#### What you should do:
From the records below, please repeat exactly the line that has "k (replace_attempt id b xs)", the line that has "n.0, f, n.2)", and every line between them, and nothing else.
--- Task material Enclosed Below ---
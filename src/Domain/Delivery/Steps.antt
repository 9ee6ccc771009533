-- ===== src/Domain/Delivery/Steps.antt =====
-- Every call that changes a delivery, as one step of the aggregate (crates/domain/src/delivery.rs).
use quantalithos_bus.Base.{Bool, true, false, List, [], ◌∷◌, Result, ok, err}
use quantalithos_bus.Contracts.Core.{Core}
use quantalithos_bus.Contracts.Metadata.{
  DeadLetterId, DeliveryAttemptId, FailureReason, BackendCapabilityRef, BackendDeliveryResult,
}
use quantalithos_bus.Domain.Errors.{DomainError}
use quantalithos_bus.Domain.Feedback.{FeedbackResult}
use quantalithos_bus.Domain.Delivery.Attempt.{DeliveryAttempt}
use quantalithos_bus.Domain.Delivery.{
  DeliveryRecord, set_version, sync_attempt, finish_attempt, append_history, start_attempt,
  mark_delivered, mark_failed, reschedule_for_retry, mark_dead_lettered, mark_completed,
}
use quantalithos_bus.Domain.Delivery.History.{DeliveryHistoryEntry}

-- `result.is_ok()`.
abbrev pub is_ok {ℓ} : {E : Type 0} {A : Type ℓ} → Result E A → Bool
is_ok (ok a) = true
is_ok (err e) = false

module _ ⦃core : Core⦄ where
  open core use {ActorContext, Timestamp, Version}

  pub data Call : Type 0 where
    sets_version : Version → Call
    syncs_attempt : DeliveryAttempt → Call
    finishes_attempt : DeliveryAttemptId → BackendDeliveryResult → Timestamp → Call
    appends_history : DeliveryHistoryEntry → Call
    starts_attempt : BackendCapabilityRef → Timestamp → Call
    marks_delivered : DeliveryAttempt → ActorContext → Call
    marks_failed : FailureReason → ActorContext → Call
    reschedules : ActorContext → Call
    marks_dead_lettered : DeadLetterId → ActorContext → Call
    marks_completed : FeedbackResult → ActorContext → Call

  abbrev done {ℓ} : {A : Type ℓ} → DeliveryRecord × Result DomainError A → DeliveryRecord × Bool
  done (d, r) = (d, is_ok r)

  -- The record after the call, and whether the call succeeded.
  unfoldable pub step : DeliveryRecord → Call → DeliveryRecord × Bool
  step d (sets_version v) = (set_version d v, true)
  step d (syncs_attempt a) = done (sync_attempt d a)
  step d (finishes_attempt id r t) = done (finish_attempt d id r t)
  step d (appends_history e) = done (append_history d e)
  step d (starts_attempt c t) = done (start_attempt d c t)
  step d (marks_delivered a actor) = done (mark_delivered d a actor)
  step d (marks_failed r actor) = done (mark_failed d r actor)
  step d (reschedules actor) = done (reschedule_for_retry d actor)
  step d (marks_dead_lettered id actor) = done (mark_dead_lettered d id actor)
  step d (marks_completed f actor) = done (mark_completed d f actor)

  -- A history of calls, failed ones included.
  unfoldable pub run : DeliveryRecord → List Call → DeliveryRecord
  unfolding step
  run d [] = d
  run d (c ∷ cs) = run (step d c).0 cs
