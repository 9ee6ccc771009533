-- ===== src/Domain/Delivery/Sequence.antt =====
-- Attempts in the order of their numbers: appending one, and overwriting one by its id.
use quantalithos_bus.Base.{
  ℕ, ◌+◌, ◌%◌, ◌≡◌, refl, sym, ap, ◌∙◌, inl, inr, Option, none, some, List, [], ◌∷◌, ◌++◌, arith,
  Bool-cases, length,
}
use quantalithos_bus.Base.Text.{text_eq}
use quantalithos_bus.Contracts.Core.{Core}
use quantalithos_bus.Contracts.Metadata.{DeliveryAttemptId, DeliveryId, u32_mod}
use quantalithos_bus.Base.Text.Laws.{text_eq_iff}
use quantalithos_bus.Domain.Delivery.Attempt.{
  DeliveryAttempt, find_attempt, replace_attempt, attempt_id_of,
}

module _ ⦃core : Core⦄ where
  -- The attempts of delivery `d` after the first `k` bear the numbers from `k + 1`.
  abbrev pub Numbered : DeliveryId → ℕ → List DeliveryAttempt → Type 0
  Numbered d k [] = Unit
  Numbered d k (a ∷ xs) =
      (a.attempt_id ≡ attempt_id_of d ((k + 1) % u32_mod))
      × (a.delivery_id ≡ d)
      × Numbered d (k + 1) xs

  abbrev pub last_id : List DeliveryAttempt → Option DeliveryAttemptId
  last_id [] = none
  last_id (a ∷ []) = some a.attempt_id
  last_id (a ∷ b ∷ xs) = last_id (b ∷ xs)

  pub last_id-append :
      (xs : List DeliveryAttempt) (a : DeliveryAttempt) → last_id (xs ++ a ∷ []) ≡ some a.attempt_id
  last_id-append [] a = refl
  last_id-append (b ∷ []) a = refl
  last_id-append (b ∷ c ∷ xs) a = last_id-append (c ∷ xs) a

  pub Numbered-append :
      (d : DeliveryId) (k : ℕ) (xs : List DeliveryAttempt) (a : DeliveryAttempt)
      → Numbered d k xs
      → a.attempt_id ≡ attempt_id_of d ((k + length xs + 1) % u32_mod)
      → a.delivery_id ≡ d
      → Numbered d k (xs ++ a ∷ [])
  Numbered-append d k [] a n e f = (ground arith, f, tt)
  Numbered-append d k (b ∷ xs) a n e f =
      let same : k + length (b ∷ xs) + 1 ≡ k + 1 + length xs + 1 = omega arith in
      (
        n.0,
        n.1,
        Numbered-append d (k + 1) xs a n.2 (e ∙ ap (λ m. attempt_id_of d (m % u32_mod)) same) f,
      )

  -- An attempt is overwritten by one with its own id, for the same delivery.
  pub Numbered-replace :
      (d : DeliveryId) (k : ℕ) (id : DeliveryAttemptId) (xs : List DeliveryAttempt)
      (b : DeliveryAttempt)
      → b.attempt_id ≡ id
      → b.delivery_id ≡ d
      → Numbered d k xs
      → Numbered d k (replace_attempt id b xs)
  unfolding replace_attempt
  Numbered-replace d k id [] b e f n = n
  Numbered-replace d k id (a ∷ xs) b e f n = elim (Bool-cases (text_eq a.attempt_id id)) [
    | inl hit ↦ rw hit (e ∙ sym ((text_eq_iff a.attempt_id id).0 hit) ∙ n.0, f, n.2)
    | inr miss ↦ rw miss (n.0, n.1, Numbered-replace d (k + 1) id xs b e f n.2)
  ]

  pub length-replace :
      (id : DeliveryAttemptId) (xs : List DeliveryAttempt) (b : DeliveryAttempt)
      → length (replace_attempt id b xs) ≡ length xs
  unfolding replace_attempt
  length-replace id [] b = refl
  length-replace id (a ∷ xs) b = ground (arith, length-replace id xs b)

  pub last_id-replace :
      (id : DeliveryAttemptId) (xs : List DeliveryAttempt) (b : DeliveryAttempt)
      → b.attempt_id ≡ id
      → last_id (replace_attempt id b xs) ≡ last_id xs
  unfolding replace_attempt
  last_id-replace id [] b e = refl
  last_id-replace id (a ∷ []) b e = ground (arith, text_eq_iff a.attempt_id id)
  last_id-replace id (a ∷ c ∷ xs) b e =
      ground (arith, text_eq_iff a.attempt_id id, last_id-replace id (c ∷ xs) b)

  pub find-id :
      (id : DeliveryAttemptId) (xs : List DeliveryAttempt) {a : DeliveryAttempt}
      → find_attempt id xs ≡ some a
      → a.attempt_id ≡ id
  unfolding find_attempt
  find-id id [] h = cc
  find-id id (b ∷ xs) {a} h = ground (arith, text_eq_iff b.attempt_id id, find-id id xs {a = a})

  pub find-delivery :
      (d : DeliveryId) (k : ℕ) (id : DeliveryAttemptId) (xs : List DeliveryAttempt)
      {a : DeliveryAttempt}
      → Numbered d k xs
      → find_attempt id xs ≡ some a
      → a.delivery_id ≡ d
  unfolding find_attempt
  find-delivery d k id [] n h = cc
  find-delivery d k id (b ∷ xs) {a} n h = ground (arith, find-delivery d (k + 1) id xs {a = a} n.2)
--- End of Enclosed Task material ---
#### Response to this exercise:
      → Numbered d k (replace_attempt id b xs)
  unfolding replace_attempt
  Numbered-replace d k id [] b e f n = n
  Numbered-replace d k id (a ∷ xs) b e f n = elim (Bool-cases (text_eq a.attempt_id id)) [
    | inl hit ↦ rw hit (e ∙ sym ((text_eq_iff a.attempt_id id).0 hit) ∙ n.0, f, n.2)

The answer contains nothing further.